Video games have been an integral part of my life from a young age, covering off everything from entertainment and comfort as a child through to being the seed that I cultivated into the career that I have now.

Most good memories I have from my childhood involve playing the PlayStation after school, or as a teenager my computer. In my late teens I was able to translate my love for video games into a love for programming video games, which I did briefly with a lot of success. That skill earned me a job at an agency, which then grew slowly into the skills I have now as a successful full stack developer.

Unfortunately, the way technology around game development has evolved has focused on the visual quality of games and the ease of development rather than the flexibility older development environments offered and ultimately the room for creativity. Instead of having the bare essentials to work with and start from, developers now have enormous engines that have very opinionated routes to take when developing a game with them, which I've noticed leads to a lot of games feeling like the same thing over and over again with new graphics.
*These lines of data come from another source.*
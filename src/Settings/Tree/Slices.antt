-- ===== src/Settings/Tree/Slices.antt =====
-- The slices of the startup tree of base/settings/tree.go.
use debug_bootstrap.Prelude.{
  ◌≡◌, refl, true, false, List, [], ◌∷◌, ◌++◌, All, arith, Bool-cases, inl, inr, ◌⊎◌, bytes_equal,
}
use debug_bootstrap.Prelude.Int.{ℤ, ◌≤ℤ◌, ltz}
use debug_bootstrap.Settings.Tree.{Weighted, IsSorted, is_end, inside, slice}

-- A bound that the next slice may begin with: not the mark of the end.
abbrev pub IsBound : ℤ → Type 0
IsBound m = is_end m ≡ false

slice-none :
    (m e : ℤ) (t : List Weighted) → IsBound m → All (λ p. m ≤ℤ p.1) t → (s : ℤ) → slice s m t ≡ []
unfolding slice
slice-none m e [] b h s = refl
slice-none m e ((p, w) ∷ t) b h s = ground (arith, slice-none m e t b h.1 s)

inside_below :
    (s m e w : ℤ)
    → (m ≤ℤ e) ⊎ (is_end e ≡ true)
    → ltz w m ≡ true
    → (inside m e w ≡ false) × (inside s m w ≡ inside s e w)
unfolding inside
inside_below s m e w k h = (ground arith, ground arith)

inside_above :
    (s m e w : ℤ)
    → IsBound m
    → s ≤ℤ m
    → ltz w m ≡ false
    → (inside s m w ≡ false) × (inside m e w ≡ inside s e w)
unfolding inside
inside_above s m e w b k h = (ground arith, ground arith)

All-le_trans :
    (m w : ℤ) (t : List Weighted) → m ≤ℤ w → All (λ p. w ≤ℤ p.1) t → All (λ p. m ≤ℤ p.1) t
All-le_trans m w [] h a = tt
All-le_trans m w ((p, v) ∷ t) h a = (omega (arith, a.0), All-le_trans m w t h a.1)

-- A sorted tree falls into consecutive slices: [s, m[ and then [m, e[ are [s, e[, where `e` lies
-- behind `m` or is the mark of the end.
pub slice-append :
    (s m e : ℤ) (t : List Weighted)
    → IsSorted t
    → IsBound m
    → s ≤ℤ m
    → (m ≤ℤ e) ⊎ (is_end e ≡ true)
    → slice s m t ++ slice m e t ≡ slice s e t
unfolding slice
slice-append s m e [] o b h k = refl
slice-append s m e ((p, w) ∷ t) o b h k =
    let rest = slice-append s m e t o.1 b h k in
    elim (Bool-cases (ltz w m)) [
      | inl low ↦
          let (outside, same) = inside_below s m e w k low in ground (arith, outside, same, rest)
      | inr high ↦
          let (outside, same) = inside_above s m e w b h high in
          let none_before : slice s m t ≡ [] =
            slice-none m e t b (All-le_trans m w t (ground (arith, high)) o.0) s in
          ground (arith, outside, same, rest, none_before)
    ]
Fortunately, there are still diamonds in the rough, which is what I'll talk about below.

5. Diablo III

Diablo III is a bit of a controversial choice here. I originally hated it when comparing it to Diablo II, which is naturally what you would expect someone to do when playing a sequel to a game. The initial iterations of the game upon launch had a lot of flaws (e.g. the auction house, very low drop rates for good items which ruined the main component of the game) and I found myself very much forcing a complete play-through for the sake of getting it off my plate and being able to move onto other things. As the flaws were corrected and the expansions were released, I did another couple of play-throughs and found myself enjoying the game a lot. Once I stopped making constant comparisons to Diablo II, it helped show what was good about the game and how to properly enjoy it.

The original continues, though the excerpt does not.